▶ Input data:
****************
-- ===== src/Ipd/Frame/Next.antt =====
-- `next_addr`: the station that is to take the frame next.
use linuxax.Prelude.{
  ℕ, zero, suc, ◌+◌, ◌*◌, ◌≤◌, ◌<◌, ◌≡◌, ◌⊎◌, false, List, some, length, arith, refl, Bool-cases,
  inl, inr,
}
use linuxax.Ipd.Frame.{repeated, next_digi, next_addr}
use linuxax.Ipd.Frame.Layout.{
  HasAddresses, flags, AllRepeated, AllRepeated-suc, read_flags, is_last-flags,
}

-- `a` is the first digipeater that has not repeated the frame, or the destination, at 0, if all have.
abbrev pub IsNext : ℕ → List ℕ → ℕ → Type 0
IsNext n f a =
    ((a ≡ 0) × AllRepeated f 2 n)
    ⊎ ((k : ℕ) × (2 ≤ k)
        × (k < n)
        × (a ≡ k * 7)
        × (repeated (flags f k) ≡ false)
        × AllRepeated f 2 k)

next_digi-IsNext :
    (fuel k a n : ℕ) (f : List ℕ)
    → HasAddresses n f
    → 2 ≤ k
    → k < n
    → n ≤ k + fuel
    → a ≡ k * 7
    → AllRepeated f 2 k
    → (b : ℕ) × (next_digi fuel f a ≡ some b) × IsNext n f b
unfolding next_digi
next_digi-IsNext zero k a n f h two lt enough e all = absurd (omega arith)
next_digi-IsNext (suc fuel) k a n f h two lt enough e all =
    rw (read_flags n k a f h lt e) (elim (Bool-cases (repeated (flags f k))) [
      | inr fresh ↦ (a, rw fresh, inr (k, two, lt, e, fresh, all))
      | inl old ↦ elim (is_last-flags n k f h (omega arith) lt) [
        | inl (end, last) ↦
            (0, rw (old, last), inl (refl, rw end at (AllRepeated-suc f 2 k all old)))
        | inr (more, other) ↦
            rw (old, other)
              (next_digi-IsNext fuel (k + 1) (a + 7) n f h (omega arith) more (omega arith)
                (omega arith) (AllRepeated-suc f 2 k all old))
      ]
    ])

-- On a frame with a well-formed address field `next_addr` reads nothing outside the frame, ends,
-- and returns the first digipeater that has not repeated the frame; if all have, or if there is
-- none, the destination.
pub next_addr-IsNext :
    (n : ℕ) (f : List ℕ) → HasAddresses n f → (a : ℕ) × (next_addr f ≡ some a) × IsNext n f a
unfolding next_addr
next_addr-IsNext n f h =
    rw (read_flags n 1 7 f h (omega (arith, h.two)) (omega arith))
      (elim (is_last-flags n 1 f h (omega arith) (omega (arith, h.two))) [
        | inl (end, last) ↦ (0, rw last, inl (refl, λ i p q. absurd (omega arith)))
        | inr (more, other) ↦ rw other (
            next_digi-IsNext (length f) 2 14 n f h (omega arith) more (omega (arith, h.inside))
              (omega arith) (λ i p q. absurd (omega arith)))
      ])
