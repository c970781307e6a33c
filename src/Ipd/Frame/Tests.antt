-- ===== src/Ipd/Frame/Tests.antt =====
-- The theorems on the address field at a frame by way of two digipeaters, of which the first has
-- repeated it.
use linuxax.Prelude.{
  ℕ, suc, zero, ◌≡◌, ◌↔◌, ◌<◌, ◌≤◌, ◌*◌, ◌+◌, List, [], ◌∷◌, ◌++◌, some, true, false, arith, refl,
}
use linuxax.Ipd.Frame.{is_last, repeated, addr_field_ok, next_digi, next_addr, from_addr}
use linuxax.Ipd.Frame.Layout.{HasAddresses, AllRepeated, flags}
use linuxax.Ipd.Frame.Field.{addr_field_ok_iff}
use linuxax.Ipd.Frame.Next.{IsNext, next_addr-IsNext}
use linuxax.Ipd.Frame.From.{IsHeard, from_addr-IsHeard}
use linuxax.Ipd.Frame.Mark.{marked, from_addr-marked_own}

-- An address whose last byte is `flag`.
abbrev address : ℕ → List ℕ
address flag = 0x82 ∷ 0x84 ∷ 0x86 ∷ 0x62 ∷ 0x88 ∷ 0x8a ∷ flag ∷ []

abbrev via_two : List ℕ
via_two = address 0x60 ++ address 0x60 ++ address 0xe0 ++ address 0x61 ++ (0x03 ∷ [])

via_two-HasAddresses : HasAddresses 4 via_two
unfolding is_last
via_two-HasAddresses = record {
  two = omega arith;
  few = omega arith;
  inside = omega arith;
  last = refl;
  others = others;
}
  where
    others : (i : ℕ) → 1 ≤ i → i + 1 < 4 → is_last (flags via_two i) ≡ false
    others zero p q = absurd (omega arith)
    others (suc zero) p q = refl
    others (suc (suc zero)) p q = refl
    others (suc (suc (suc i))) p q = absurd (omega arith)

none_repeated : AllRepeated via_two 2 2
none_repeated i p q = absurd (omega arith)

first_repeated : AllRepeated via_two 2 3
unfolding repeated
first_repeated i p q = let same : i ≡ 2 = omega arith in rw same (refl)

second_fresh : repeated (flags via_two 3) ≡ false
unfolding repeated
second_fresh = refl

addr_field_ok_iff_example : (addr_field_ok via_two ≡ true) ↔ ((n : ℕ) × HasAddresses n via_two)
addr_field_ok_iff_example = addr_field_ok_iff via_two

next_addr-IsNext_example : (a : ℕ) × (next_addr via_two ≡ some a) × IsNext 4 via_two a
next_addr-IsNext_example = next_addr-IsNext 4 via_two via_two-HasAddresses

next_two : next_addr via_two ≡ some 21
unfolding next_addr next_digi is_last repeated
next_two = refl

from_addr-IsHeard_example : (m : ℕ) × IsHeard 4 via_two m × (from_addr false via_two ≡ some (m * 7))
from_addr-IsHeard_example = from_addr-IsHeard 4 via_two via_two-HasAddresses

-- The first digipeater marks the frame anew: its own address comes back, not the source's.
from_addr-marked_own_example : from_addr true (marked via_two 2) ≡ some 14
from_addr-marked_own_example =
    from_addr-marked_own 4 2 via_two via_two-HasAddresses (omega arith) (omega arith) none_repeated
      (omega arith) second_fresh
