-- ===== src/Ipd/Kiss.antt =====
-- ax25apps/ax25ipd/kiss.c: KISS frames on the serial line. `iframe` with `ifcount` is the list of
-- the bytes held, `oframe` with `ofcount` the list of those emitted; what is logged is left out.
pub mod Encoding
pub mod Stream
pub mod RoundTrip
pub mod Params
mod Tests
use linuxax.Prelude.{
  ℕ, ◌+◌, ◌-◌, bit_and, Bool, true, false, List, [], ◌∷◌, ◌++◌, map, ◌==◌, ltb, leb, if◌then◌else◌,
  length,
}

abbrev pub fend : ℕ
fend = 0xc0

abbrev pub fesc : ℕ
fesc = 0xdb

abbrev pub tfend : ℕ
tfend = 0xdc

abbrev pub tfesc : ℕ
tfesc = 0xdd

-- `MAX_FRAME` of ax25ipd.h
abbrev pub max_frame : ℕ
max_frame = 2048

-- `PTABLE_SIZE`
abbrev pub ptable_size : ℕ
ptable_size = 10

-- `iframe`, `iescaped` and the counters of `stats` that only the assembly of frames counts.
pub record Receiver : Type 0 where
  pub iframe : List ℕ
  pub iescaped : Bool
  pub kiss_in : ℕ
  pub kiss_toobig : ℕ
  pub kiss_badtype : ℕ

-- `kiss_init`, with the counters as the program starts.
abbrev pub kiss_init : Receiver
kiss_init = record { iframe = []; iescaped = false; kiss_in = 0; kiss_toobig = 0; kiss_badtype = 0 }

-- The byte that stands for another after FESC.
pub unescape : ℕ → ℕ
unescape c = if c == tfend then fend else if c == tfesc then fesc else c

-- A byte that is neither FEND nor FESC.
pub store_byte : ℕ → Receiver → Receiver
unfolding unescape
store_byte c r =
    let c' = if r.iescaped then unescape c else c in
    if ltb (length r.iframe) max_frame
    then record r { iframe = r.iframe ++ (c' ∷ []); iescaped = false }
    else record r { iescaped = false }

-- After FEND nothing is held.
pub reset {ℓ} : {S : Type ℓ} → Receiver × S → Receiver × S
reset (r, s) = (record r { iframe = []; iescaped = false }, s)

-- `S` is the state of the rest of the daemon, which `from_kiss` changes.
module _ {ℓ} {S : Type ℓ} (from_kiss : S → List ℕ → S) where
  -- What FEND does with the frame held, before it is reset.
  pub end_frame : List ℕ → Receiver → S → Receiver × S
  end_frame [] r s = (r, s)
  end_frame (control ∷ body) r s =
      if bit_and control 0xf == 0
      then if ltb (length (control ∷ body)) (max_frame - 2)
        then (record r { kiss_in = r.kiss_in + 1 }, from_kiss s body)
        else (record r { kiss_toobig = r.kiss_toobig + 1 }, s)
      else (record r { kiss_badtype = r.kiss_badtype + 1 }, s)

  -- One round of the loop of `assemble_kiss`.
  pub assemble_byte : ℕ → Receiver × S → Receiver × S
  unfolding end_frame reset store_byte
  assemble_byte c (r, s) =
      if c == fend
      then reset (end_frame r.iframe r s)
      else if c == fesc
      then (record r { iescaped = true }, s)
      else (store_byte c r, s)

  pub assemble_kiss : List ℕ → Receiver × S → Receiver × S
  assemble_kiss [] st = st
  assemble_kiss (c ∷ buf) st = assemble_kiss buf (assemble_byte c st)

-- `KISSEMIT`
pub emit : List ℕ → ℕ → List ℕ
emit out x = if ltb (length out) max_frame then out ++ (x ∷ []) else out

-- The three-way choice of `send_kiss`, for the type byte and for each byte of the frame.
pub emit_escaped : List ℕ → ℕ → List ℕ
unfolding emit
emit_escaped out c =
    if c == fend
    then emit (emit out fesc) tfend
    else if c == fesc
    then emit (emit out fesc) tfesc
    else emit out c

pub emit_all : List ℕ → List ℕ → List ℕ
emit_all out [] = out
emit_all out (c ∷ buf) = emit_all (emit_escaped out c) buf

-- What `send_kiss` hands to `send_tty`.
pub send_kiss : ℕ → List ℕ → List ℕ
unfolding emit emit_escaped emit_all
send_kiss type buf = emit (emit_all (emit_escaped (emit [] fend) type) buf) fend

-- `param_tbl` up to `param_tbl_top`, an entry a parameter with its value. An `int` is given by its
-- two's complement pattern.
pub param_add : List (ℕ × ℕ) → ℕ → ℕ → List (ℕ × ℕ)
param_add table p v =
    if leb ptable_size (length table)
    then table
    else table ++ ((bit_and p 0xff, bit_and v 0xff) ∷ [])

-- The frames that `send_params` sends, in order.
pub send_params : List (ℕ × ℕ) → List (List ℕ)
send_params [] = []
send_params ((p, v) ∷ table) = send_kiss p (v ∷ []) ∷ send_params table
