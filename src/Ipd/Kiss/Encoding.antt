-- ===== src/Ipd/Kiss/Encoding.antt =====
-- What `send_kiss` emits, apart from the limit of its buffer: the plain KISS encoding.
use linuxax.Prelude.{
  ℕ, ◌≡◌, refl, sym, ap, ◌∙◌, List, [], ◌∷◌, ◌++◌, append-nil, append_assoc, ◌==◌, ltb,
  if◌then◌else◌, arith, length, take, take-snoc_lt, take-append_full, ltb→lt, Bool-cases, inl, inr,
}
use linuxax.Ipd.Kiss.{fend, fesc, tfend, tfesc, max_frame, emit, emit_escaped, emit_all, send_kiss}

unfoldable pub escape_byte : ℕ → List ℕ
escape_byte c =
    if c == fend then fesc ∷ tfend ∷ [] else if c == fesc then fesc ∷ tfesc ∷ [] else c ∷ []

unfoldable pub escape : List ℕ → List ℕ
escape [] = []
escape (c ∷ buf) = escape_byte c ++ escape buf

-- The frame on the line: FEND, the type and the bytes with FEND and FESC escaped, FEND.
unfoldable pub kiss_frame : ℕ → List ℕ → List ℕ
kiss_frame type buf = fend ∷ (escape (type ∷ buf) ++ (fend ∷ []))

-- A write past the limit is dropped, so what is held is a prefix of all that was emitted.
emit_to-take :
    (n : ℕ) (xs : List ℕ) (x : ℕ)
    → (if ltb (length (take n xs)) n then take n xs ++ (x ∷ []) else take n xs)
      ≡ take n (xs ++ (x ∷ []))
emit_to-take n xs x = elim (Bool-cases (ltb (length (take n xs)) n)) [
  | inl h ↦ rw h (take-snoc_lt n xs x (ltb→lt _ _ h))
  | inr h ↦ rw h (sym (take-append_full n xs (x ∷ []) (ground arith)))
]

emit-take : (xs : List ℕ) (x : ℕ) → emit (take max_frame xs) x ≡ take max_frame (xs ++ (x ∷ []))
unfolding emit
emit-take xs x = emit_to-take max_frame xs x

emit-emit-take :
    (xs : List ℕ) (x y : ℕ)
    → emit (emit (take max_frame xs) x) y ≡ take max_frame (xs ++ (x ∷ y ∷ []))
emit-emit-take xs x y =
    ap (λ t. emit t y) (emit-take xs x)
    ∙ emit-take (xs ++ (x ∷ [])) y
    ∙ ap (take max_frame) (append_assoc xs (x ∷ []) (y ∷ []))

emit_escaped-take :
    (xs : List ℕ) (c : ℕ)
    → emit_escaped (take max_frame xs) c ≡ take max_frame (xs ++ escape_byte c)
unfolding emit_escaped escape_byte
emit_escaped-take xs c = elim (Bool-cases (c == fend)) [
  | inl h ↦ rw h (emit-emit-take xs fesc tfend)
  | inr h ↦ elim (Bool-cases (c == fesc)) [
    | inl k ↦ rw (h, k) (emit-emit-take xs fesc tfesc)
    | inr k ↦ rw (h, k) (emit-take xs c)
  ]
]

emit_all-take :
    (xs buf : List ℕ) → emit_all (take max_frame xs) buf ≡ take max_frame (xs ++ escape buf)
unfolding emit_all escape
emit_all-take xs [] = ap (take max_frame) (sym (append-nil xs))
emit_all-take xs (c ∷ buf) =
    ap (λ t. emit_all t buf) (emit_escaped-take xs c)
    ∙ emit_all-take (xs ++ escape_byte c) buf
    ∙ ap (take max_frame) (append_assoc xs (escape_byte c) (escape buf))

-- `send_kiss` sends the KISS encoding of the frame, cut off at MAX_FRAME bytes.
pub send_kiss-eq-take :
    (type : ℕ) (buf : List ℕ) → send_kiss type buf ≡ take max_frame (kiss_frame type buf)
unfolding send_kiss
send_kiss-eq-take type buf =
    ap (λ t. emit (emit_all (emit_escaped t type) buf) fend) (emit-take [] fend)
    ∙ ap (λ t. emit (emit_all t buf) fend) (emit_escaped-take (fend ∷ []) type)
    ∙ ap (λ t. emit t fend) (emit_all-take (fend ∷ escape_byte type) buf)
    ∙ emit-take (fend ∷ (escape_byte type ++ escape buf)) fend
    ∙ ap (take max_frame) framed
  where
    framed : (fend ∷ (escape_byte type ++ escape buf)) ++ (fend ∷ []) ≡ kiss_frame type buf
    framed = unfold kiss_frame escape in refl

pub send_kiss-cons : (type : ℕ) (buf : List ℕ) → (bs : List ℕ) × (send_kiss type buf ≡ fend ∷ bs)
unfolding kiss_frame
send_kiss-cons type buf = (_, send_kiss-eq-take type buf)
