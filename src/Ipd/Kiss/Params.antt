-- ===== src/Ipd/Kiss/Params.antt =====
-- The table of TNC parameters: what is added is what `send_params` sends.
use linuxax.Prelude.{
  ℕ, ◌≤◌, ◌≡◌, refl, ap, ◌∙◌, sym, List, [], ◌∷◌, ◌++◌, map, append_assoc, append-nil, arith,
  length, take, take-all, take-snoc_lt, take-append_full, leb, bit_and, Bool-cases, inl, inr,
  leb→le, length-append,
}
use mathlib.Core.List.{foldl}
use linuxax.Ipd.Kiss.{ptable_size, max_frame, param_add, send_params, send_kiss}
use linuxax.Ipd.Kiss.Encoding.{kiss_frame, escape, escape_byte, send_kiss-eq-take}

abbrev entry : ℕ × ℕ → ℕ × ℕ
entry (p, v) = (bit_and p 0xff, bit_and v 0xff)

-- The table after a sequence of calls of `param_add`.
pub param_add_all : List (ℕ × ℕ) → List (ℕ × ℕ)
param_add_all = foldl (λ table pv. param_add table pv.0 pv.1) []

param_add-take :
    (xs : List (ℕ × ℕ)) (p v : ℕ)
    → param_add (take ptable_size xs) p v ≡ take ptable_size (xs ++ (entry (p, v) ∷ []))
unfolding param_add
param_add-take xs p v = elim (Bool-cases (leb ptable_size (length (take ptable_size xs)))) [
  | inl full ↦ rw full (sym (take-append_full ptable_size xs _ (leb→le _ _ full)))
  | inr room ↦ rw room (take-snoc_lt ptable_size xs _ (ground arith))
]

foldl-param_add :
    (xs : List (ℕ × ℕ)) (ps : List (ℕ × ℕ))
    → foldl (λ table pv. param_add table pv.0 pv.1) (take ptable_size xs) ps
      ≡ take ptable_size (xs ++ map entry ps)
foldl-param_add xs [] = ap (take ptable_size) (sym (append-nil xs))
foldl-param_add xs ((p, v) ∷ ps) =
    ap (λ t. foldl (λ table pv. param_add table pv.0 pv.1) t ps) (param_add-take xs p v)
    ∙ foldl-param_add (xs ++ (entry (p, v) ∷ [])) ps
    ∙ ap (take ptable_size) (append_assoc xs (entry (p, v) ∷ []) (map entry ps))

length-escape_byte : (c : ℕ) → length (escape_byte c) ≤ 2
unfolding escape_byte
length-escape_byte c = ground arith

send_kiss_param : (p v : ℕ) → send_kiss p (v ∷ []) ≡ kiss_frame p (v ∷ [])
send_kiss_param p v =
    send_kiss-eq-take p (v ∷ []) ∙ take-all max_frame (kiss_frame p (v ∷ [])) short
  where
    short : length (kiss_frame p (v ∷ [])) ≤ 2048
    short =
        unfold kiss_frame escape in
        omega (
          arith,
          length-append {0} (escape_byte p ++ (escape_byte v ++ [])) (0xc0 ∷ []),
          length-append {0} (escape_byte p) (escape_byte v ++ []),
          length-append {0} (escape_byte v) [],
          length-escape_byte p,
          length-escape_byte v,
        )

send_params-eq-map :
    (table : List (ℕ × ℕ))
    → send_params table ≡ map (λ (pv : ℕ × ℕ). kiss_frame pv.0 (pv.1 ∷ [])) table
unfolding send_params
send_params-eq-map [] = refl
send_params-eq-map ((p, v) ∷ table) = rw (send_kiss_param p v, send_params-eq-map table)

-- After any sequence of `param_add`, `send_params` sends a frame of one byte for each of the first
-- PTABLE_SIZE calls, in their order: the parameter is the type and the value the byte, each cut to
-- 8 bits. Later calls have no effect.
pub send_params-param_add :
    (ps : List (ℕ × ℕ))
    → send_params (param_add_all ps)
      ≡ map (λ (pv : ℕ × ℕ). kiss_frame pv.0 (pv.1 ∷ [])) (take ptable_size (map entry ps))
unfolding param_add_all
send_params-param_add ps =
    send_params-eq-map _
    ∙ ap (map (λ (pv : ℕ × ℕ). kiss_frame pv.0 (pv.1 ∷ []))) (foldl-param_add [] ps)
****************
▶ Activity: Taking the entries from their first line through the line with "(refl, λ i p q. absurd (omega arith)))", inclusive, restate each line word for word and give nothing else.

▶ Written response:
-- ===== src/Ipd/Frame/Next.antt =====
-- `next_addr`: the station that is to take the frame next.
use linuxax.Prelude.{
  ℕ, zero, suc, ◌+◌, ◌*◌, ◌≤◌, ◌<◌, ◌≡◌, ◌⊎◌, false, List, some, length, arith, refl, Bool-cases,
  inl, inr,
}
use linuxax.Ipd.Frame.{repeated, next_digi, next_addr}
use linuxax.Ipd.Frame.Layout.{
  HasAddresses, flags, AllRepeated, AllRepeated-suc, read_flags, is_last-flags,
}

-- `a` is the first digipeater that has not repeated the frame, or the destination, at 0, if all have.
abbrev pub IsNext : ℕ → List ℕ → ℕ → Type 0
IsNext n f a =
    ((a ≡ 0) × AllRepeated f 2 n)
    ⊎ ((k : ℕ) × (2 ≤ k)
        × (k < n)
        × (a ≡ k * 7)
        × (repeated (flags f k) ≡ false)
        × AllRepeated f 2 k)

next_digi-IsNext :
    (fuel k a n : ℕ) (f : List ℕ)
    → HasAddresses n f
    → 2 ≤ k
    → k < n
    → n ≤ k + fuel
    → a ≡ k * 7
    → AllRepeated f 2 k
    → (b : ℕ) × (next_digi fuel f a ≡ some b) × IsNext n f b
unfolding next_digi
next_digi-IsNext zero k a n f h two lt enough e all = absurd (omega arith)
next_digi-IsNext (suc fuel) k a n f h two lt enough e all =
    rw (read_flags n k a f h lt e) (elim (Bool-cases (repeated (flags f k))) [
      | inr fresh ↦ (a, rw fresh, inr (k, two, lt, e, fresh, all))
      | inl old ↦ elim (is_last-flags n k f h (omega arith) lt) [
        | inl (end, last) ↦
            (0, rw (old, last), inl (refl, rw end at (AllRepeated-suc f 2 k all old)))
        | inr (more, other) ↦
            rw (old, other)
              (next_digi-IsNext fuel (k + 1) (a + 7) n f h (omega arith) more (omega arith)
                (omega arith) (AllRepeated-suc f 2 k all old))
      ]
    ])

-- On a frame with a well-formed address field `next_addr` reads nothing outside the frame, ends,
-- and returns the first digipeater that has not repeated the frame; if all have, or if there is
-- none, the destination.
pub next_addr-IsNext :
    (n : ℕ) (f : List ℕ) → HasAddresses n f → (a : ℕ) × (next_addr f ≡ some a) × IsNext n f a
unfolding next_addr
next_addr-IsNext n f h =
    rw (read_flags n 1 7 f h (omega (arith, h.two)) (omega arith))
      (elim (is_last-flags n 1 f h (omega arith) (omega (arith, h.two))) [
        | inl (end, last) ↦ (0, rw last, inl (refl, λ i p q. absurd (omega arith)))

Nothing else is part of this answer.